• Your instructions: In the entries that follow, the first line to write out is the one containing "align_up-first badge a", and the last is the one containing "offset k) k.hhdm (xs". Reproduce that stretch exactly, with nothing before or after it.

• Input data:
┌──

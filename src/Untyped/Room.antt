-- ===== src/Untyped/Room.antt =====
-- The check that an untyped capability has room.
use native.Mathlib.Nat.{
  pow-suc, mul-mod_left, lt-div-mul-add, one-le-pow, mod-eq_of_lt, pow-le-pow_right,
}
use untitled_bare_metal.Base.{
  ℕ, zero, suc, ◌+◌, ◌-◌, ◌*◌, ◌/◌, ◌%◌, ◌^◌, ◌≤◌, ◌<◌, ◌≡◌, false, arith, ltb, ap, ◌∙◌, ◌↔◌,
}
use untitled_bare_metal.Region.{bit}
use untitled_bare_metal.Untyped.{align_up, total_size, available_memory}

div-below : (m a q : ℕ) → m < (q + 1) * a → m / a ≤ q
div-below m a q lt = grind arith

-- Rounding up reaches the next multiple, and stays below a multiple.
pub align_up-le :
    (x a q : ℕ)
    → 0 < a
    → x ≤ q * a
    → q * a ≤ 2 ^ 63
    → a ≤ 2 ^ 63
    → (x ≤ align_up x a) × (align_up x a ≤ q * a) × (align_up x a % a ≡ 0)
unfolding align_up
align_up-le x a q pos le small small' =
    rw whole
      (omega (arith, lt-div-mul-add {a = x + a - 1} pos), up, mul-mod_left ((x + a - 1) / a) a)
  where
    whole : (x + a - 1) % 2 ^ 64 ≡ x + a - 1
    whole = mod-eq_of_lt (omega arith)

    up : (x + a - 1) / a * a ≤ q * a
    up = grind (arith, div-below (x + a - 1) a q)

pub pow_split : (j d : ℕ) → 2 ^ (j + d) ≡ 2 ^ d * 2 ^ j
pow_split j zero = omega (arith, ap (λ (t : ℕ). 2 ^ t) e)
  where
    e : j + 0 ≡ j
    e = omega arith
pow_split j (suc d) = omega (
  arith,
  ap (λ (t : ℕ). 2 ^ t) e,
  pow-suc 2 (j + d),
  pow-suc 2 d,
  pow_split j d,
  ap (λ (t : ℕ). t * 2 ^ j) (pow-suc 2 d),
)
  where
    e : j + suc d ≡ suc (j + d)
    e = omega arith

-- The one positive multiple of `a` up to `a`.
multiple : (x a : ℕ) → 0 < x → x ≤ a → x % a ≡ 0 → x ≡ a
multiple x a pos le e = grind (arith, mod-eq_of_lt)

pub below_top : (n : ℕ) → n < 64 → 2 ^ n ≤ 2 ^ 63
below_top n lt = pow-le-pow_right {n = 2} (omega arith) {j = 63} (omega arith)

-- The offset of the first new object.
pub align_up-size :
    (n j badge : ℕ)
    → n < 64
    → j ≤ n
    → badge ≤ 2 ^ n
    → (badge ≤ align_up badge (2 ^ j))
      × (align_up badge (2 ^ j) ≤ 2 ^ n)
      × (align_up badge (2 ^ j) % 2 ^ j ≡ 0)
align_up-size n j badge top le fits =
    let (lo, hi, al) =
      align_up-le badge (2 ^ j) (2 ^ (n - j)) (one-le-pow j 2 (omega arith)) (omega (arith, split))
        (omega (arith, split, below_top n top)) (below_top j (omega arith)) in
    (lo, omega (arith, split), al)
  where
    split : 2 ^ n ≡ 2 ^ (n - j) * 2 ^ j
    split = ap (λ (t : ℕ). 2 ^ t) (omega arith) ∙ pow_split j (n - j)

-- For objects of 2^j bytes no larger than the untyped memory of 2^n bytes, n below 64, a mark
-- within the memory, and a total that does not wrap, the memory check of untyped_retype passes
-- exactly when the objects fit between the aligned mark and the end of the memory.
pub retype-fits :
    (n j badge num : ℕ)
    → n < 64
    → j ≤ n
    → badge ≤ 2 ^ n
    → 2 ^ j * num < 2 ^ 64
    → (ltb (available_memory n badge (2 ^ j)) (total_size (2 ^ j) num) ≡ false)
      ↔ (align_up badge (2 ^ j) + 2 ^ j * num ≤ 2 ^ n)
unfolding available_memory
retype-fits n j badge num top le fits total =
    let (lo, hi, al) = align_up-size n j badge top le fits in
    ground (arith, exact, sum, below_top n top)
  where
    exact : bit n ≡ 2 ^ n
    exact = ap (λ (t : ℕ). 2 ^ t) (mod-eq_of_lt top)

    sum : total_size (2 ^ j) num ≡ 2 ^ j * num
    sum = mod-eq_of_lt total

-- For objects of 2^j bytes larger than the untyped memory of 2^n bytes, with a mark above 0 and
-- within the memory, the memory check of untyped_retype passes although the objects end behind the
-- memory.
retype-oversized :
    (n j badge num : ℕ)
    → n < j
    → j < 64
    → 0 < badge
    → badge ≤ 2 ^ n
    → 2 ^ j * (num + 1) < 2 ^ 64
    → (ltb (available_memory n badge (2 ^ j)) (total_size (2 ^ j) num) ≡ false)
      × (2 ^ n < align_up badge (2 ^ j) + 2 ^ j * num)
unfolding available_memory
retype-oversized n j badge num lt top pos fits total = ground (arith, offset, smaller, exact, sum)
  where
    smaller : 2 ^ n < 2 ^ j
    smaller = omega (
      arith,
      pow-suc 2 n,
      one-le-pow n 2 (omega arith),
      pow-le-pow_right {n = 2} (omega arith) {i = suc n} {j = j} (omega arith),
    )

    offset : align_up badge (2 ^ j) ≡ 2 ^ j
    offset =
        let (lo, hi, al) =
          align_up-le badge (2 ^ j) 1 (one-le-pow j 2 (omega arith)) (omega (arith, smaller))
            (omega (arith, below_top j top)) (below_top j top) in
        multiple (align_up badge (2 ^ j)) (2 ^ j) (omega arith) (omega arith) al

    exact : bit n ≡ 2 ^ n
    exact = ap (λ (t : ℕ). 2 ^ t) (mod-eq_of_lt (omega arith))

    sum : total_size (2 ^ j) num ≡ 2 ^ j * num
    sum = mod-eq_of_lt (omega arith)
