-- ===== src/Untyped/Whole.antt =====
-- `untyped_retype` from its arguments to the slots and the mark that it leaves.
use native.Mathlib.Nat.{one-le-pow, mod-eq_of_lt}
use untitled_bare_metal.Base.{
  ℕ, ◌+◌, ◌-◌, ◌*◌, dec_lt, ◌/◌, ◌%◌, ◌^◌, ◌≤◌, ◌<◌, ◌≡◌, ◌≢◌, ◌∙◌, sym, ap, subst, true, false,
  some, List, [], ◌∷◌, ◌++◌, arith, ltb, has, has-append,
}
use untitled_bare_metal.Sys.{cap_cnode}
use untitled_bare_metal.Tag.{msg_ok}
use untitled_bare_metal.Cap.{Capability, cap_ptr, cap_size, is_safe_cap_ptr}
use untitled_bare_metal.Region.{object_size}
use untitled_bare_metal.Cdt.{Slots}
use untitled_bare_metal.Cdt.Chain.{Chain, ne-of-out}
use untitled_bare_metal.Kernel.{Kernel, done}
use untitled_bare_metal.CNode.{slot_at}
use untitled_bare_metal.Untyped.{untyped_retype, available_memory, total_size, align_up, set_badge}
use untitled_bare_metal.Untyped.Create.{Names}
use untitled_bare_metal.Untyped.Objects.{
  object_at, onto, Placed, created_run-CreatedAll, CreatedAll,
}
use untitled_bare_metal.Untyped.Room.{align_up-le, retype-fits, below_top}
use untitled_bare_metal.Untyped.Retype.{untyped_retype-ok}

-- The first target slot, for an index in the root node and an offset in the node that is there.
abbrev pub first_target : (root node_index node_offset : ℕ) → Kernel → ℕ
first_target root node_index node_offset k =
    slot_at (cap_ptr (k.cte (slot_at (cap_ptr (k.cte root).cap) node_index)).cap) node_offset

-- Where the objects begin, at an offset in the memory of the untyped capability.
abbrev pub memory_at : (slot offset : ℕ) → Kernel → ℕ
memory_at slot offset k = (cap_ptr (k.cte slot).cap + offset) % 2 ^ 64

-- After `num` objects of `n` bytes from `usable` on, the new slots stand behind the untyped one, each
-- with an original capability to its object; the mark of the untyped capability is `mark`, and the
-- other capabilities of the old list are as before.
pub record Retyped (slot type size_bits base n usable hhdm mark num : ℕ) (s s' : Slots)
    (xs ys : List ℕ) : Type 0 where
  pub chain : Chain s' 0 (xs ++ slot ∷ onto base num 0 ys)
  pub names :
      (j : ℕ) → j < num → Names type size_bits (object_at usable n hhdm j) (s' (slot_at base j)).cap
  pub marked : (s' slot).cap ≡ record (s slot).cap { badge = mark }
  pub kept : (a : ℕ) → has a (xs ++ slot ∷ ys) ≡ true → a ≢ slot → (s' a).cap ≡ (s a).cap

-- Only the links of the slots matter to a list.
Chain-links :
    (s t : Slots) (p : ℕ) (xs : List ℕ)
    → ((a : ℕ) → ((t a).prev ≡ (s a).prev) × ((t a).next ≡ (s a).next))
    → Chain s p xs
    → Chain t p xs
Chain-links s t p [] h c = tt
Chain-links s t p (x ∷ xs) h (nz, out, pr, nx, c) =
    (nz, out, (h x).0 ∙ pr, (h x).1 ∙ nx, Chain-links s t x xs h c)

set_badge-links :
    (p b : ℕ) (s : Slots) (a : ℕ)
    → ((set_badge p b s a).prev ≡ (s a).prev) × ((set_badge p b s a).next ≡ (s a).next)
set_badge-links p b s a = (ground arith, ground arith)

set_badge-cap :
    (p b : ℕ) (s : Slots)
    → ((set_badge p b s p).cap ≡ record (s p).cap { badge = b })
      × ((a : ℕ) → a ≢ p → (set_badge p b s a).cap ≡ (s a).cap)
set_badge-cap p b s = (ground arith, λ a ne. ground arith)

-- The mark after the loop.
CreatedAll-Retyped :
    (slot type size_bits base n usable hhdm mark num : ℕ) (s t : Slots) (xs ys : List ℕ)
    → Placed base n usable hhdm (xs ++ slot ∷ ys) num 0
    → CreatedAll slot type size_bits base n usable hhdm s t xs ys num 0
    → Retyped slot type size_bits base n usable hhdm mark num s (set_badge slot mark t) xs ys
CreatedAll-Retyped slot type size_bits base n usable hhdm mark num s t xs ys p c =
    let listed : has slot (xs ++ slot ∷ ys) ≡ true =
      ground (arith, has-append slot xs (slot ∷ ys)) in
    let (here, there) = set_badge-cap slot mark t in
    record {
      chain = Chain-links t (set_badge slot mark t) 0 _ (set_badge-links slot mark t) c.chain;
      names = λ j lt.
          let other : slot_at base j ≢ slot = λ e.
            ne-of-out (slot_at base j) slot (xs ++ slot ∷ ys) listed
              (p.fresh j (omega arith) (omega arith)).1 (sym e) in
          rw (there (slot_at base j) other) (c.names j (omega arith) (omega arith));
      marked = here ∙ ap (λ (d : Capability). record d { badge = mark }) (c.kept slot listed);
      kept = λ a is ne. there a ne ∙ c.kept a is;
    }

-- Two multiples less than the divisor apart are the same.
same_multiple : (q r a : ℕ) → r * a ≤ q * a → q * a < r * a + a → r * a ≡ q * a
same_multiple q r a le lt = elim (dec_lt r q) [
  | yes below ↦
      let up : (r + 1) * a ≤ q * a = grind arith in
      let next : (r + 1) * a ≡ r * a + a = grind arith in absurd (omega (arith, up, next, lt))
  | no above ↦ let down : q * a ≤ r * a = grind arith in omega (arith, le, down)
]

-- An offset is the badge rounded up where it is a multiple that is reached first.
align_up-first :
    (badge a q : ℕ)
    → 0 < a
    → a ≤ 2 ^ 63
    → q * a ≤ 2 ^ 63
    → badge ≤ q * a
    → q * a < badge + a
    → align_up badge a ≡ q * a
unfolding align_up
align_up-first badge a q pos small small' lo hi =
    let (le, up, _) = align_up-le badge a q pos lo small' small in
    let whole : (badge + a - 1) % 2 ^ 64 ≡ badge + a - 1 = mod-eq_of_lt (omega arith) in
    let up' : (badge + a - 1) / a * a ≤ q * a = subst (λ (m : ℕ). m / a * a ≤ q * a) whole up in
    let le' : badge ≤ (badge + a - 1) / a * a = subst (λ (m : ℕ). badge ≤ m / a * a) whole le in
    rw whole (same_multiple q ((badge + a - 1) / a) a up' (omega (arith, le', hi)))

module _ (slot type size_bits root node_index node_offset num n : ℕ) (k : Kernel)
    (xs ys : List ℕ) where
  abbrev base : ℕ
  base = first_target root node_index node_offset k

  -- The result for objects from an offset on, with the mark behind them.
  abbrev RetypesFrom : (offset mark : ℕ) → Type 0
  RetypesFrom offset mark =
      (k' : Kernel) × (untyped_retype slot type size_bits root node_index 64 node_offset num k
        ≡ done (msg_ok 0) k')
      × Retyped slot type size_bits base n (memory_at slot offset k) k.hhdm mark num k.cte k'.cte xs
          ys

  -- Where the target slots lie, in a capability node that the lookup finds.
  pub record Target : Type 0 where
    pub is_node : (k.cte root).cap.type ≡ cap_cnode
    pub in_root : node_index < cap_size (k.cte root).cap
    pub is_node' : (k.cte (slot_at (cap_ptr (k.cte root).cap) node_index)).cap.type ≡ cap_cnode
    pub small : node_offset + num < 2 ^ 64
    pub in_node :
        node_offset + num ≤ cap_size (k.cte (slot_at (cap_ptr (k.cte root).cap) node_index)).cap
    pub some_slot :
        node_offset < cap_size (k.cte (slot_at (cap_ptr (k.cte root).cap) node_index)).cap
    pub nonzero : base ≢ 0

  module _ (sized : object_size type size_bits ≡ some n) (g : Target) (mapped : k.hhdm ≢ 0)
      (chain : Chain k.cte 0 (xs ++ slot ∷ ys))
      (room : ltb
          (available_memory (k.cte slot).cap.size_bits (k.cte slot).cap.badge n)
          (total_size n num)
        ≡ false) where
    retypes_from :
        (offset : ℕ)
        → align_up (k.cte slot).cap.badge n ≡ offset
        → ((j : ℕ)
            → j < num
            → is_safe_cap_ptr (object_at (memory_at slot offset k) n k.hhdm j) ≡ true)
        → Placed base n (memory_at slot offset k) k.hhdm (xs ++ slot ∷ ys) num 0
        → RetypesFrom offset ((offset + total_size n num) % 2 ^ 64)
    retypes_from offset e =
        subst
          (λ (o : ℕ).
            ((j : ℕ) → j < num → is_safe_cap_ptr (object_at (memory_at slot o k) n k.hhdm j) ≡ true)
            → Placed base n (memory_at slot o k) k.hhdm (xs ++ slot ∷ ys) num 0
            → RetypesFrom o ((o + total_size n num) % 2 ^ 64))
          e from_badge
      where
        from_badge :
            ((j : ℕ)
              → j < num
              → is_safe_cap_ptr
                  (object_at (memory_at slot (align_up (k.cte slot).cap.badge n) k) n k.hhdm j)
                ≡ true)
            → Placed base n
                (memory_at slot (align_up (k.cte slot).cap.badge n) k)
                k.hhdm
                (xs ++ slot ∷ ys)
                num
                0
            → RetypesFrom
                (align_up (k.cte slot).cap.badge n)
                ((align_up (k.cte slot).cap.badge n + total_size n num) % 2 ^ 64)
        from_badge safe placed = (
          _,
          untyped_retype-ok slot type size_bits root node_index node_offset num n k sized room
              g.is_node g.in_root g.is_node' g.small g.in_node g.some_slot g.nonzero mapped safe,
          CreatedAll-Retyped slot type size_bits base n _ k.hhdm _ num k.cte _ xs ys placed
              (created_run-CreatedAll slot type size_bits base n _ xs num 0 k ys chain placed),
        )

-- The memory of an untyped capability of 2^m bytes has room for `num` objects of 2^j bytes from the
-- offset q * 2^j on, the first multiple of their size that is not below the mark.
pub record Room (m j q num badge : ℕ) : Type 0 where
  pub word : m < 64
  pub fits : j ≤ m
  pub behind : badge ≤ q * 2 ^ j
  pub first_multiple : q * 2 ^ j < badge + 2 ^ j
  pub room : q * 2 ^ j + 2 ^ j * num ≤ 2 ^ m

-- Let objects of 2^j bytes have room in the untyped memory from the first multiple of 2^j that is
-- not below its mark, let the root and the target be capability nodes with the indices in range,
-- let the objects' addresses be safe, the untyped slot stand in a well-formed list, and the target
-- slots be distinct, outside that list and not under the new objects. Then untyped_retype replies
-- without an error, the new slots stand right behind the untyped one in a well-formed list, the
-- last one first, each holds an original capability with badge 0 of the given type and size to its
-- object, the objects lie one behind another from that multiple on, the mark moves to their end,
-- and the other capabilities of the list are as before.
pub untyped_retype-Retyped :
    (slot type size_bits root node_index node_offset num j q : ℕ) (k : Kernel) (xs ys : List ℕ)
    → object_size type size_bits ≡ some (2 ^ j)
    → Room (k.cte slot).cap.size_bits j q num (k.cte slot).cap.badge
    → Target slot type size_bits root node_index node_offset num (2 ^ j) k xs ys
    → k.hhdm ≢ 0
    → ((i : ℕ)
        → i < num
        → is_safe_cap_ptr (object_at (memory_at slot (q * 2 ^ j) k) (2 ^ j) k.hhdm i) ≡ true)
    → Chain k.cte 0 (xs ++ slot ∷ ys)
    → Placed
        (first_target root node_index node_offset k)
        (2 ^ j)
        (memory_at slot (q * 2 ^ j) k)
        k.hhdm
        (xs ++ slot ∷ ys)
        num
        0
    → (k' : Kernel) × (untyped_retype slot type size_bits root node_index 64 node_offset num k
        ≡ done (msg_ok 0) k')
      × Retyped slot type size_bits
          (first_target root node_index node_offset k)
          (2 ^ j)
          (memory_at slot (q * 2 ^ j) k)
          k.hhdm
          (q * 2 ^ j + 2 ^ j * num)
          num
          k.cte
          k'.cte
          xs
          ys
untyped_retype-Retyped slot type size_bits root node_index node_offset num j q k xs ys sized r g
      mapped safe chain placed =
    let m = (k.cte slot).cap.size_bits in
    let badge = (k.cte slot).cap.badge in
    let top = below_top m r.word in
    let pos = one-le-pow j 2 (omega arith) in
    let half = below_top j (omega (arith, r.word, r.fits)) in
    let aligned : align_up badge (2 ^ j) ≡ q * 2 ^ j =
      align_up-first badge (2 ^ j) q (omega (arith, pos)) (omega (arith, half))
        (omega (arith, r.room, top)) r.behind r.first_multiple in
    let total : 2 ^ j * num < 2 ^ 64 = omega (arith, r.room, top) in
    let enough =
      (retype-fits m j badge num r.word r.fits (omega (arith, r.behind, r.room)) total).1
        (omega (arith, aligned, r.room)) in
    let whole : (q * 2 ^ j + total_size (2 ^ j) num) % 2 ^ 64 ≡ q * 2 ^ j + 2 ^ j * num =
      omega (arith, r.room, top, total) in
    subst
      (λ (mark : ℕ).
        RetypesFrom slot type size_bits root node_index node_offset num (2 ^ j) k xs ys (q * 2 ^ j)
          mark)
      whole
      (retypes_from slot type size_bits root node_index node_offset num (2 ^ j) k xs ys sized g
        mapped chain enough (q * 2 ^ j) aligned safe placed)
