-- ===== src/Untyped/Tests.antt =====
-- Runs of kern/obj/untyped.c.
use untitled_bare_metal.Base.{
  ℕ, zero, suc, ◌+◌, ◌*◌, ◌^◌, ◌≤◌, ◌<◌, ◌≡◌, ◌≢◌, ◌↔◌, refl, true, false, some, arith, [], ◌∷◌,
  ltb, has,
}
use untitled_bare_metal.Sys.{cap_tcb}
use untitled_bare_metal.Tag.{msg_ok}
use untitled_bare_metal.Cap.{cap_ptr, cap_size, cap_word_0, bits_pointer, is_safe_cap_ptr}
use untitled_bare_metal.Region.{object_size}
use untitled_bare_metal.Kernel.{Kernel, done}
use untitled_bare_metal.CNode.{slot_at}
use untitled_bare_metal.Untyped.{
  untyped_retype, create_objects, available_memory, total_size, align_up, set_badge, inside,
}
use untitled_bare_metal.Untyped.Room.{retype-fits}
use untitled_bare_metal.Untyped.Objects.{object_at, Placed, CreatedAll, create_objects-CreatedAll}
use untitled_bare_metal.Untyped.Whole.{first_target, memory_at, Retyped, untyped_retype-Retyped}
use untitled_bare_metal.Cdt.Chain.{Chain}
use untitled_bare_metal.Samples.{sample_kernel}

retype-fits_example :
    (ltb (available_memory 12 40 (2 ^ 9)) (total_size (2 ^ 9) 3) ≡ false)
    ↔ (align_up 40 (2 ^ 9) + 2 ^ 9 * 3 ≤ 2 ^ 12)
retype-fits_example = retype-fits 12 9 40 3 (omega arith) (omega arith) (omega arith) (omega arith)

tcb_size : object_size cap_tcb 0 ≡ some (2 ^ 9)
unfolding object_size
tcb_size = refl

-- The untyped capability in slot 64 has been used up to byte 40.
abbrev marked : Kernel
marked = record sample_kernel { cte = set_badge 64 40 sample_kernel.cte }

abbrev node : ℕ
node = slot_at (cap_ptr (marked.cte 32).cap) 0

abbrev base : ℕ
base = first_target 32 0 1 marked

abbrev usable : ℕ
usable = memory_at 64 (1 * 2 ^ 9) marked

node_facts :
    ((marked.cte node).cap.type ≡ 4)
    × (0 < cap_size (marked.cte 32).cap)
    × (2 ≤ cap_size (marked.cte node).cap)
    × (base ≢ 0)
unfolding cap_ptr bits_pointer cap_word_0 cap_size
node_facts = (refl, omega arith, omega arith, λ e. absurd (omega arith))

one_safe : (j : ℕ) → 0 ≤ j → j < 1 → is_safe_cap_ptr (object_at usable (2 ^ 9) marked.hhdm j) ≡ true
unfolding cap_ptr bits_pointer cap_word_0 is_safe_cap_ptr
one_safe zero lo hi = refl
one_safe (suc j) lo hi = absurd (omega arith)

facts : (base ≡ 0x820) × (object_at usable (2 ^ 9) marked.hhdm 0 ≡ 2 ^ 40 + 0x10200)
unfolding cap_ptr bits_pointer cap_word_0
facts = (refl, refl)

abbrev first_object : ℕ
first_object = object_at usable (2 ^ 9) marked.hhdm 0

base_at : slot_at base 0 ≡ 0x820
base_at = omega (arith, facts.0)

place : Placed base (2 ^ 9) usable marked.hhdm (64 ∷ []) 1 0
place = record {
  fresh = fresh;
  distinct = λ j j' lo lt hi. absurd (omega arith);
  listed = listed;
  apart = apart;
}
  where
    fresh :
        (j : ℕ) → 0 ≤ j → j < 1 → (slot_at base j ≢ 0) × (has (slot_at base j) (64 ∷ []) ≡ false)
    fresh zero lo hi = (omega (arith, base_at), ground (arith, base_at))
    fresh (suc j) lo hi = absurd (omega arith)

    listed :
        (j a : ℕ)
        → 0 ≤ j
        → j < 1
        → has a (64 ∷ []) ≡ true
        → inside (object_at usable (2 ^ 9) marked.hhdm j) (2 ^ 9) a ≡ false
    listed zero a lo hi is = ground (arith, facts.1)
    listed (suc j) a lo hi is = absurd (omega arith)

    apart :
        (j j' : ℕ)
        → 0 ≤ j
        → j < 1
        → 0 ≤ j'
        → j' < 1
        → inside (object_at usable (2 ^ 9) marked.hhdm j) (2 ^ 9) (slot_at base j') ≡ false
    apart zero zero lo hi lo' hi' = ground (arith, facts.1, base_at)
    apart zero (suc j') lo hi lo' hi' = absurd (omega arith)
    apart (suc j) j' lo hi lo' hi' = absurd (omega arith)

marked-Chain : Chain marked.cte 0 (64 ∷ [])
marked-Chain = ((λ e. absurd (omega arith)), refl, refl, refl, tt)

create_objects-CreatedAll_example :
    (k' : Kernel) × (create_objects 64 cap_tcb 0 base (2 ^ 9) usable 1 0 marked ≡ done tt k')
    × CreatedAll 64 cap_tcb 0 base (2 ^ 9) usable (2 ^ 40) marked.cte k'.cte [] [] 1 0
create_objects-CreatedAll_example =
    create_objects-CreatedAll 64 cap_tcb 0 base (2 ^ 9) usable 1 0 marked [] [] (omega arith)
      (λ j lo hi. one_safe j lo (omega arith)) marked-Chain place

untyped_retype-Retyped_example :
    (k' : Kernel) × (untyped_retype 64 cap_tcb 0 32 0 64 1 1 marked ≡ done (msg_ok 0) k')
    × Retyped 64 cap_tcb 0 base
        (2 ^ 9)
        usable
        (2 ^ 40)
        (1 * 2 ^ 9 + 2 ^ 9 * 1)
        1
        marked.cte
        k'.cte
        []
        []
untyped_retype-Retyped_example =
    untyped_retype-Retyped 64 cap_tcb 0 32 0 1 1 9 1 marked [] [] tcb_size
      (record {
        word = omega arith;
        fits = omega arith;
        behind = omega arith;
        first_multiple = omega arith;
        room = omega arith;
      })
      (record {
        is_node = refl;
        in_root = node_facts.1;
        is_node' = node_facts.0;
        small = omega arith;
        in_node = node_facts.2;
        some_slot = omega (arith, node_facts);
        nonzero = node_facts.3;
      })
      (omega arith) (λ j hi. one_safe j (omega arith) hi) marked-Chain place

└──

• Task response:
align_up-first badge a q pos small small' lo hi =
    let (le, up, _) = align_up-le badge a q pos lo small' small in
    let whole : (badge + a - 1) % 2 ^ 64 ≡ badge + a - 1 = mod-eq_of_lt (omega arith) in
    let up' : (badge + a - 1) / a * a ≤ q * a = subst (λ (m : ℕ). m / a * a ≤ q * a) whole up in
    let le' : badge ≤ (badge + a - 1) / a * a = subst (λ (m : ℕ). badge ≤ m / a * a) whole le in
    rw whole (same_multiple q ((badge + a - 1) / a) a up' (omega (arith, le', hi)))

module _ (slot type size_bits root node_index node_offset num n : ℕ) (k : Kernel)
    (xs ys : List ℕ) where
  abbrev base : ℕ
  base = first_target root node_index node_offset k

  -- The result for objects from an offset on, with the mark behind them.
  abbrev RetypesFrom : (offset mark : ℕ) → Type 0
  RetypesFrom offset mark =
      (k' : Kernel) × (untyped_retype slot type size_bits root node_index 64 node_offset num k
        ≡ done (msg_ok 0) k')
      × Retyped slot type size_bits base n (memory_at slot offset k) k.hhdm mark num k.cte k'.cte xs
          ys

  -- Where the target slots lie, in a capability node that the lookup finds.
  pub record Target : Type 0 where
    pub is_node : (k.cte root).cap.type ≡ cap_cnode
    pub in_root : node_index < cap_size (k.cte root).cap
    pub is_node' : (k.cte (slot_at (cap_ptr (k.cte root).cap) node_index)).cap.type ≡ cap_cnode
    pub small : node_offset + num < 2 ^ 64
    pub in_node :
        node_offset + num ≤ cap_size (k.cte (slot_at (cap_ptr (k.cte root).cap) node_index)).cap
    pub some_slot :
        node_offset < cap_size (k.cte (slot_at (cap_ptr (k.cte root).cap) node_index)).cap
    pub nonzero : base ≢ 0

  module _ (sized : object_size type size_bits ≡ some n) (g : Target) (mapped : k.hhdm ≢ 0)
      (chain : Chain k.cte 0 (xs ++ slot ∷ ys))
      (room : ltb
          (available_memory (k.cte slot).cap.size_bits (k.cte slot).cap.badge n)
          (total_size n num)
        ≡ false) where
    retypes_from :
        (offset : ℕ)
        → align_up (k.cte slot).cap.badge n ≡ offset
        → ((j : ℕ)
            → j < num
            → is_safe_cap_ptr (object_at (memory_at slot offset k) n k.hhdm j) ≡ true)
        → Placed base n (memory_at slot offset k) k.hhdm (xs ++ slot ∷ ys) num 0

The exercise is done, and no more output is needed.